Repeat the records below exactly, beginning at the first line and finishing with the line that contains "abbrev call : Principal → Request".

Saved entries
_ _ _ _ _

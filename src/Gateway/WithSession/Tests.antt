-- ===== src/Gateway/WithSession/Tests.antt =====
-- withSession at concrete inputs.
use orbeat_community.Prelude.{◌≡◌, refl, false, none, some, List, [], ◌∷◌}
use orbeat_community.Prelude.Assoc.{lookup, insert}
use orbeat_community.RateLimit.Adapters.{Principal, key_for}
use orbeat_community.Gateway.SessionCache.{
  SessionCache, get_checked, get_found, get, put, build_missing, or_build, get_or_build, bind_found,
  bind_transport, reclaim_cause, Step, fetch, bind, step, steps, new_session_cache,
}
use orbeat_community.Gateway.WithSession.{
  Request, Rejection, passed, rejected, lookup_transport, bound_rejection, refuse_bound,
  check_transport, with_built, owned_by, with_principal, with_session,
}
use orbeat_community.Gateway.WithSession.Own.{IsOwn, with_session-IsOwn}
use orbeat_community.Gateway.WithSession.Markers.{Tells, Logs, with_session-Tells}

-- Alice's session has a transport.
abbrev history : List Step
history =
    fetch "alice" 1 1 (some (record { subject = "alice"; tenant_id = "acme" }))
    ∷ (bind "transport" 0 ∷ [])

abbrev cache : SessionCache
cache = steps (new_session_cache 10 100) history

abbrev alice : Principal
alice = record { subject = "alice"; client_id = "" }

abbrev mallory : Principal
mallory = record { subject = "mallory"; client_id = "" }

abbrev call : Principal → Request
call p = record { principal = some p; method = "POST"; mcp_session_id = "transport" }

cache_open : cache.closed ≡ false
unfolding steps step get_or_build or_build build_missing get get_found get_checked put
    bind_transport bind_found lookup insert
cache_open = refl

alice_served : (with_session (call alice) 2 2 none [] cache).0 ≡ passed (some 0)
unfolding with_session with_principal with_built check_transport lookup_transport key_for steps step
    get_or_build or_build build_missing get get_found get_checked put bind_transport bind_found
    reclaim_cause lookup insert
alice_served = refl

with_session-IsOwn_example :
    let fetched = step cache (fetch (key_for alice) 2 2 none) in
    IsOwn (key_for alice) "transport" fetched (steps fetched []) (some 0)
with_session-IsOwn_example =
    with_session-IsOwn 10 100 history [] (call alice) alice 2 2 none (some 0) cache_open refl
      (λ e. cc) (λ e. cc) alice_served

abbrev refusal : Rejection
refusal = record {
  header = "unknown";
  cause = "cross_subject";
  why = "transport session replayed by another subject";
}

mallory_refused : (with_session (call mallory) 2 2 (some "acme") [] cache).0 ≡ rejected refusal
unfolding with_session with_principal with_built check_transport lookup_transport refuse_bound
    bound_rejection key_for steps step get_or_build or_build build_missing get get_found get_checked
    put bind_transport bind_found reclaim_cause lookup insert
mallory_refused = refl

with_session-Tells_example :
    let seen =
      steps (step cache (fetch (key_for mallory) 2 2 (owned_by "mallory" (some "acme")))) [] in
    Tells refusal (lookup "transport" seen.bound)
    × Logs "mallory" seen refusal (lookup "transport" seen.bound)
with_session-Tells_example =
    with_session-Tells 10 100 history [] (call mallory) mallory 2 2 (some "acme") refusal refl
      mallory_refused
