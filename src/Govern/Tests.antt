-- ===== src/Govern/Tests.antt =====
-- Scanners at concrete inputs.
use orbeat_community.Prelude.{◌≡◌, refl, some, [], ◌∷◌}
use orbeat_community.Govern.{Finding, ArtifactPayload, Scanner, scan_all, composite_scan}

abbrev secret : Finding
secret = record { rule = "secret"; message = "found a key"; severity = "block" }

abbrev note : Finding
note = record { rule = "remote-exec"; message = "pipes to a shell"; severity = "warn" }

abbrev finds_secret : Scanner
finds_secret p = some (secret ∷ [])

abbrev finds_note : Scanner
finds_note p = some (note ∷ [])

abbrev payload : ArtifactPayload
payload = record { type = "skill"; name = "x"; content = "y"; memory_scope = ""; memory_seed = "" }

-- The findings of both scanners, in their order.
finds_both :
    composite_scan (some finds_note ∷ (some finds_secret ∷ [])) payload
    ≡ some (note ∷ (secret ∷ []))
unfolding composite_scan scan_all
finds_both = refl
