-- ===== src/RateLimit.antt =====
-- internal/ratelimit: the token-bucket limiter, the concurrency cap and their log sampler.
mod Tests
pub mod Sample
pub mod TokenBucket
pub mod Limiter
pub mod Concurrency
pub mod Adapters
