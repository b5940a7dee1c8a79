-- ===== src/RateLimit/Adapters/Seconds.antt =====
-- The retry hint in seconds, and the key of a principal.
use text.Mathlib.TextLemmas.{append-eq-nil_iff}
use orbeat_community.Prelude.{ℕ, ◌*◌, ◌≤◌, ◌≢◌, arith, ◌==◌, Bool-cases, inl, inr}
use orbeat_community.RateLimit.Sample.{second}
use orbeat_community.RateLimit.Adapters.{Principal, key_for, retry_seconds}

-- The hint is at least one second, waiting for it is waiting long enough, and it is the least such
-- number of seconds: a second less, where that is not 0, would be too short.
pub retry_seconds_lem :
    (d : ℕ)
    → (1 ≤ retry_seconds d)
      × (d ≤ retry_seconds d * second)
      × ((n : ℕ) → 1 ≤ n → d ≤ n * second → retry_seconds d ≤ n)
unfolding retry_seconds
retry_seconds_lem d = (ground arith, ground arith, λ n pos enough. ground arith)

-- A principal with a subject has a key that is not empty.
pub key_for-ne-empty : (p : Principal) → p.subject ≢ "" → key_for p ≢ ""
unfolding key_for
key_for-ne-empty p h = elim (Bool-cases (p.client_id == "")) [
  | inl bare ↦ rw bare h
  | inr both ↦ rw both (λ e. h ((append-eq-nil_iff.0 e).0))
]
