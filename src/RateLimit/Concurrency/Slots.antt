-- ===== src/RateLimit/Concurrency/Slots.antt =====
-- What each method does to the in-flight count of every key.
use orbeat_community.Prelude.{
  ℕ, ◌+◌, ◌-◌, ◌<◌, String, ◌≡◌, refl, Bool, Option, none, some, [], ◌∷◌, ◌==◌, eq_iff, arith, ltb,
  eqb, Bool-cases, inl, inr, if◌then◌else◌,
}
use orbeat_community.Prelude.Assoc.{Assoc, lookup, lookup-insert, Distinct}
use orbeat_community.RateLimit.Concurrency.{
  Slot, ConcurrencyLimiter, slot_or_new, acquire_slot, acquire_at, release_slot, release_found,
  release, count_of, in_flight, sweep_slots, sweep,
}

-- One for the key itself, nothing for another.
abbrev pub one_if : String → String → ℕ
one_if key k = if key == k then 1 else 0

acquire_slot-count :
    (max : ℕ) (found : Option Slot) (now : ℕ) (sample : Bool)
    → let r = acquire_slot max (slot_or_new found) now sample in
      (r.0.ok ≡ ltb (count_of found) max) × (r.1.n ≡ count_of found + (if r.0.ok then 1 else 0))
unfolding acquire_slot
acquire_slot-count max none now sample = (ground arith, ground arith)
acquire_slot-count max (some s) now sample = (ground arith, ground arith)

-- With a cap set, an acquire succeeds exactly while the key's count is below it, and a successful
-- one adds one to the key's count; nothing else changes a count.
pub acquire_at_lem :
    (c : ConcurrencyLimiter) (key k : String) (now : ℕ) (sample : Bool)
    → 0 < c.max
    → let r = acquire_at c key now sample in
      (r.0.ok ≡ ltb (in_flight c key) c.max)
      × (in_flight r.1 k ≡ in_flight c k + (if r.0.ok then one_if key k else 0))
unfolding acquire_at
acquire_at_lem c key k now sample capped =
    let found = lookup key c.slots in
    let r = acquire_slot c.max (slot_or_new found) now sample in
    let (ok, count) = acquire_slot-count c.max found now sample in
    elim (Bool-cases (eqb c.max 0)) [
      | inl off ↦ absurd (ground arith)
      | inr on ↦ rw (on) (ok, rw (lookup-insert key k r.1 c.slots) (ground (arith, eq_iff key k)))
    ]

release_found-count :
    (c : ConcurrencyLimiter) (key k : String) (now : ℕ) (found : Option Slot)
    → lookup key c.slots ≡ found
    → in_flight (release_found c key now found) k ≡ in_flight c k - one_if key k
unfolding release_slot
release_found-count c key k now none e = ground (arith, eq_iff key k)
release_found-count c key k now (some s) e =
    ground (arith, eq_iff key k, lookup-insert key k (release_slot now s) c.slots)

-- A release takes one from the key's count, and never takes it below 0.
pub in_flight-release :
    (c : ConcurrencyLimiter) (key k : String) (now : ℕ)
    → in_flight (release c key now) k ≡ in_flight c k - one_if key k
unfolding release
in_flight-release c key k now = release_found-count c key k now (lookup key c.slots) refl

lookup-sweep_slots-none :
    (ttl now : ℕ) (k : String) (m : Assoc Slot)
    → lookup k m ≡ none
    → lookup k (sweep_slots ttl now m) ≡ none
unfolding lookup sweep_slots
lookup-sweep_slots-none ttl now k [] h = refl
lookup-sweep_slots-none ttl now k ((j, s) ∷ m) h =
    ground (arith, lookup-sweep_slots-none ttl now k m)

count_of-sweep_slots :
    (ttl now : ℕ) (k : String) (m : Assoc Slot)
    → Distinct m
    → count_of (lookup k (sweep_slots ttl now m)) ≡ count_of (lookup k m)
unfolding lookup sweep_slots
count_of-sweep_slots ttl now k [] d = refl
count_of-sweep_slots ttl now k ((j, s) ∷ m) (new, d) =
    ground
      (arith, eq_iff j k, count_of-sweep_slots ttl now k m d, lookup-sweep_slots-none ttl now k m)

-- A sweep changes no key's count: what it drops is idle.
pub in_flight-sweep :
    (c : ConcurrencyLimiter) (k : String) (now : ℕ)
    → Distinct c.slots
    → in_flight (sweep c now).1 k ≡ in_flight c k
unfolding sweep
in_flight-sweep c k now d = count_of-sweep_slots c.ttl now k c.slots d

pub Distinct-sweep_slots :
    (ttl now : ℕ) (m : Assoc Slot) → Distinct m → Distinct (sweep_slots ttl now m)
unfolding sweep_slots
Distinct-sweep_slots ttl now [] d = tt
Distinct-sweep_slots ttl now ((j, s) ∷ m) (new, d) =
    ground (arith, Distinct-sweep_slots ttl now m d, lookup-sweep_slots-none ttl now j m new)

_ _ _ _ _

→ Written response:
filename src/Gateway/WithSession/Tests.antt
-- ===== src/Gateway/WithSession/Tests.antt =====
-- withSession at concrete inputs.
use orbeat_community.Prelude.{◌≡◌, refl, false, none, some, List, [], ◌∷◌}
use orbeat_community.Prelude.Assoc.{lookup, insert}
use orbeat_community.RateLimit.Adapters.{Principal, key_for}
use orbeat_community.Gateway.SessionCache.{
  SessionCache, get_checked, get_found, get, put, build_missing, or_build, get_or_build, bind_found,
  bind_transport, reclaim_cause, Step, fetch, bind, step, steps, new_session_cache,
}
use orbeat_community.Gateway.WithSession.{
  Request, Rejection, passed, rejected, lookup_transport, bound_rejection, refuse_bound,
  check_transport, with_built, owned_by, with_principal, with_session,
}
use orbeat_community.Gateway.WithSession.Own.{IsOwn, with_session-IsOwn}
use orbeat_community.Gateway.WithSession.Markers.{Tells, Logs, with_session-Tells}

-- Alice's session has a transport.
abbrev history : List Step
history =
    fetch "alice" 1 1 (some (record { subject = "alice"; tenant_id = "acme" }))
    ∷ (bind "transport" 0 ∷ [])

abbrev cache : SessionCache
cache = steps (new_session_cache 10 100) history

abbrev alice : Principal
alice = record { subject = "alice"; client_id = "" }

abbrev mallory : Principal
mallory = record { subject = "mallory"; client_id = "" }

abbrev call : Principal → Request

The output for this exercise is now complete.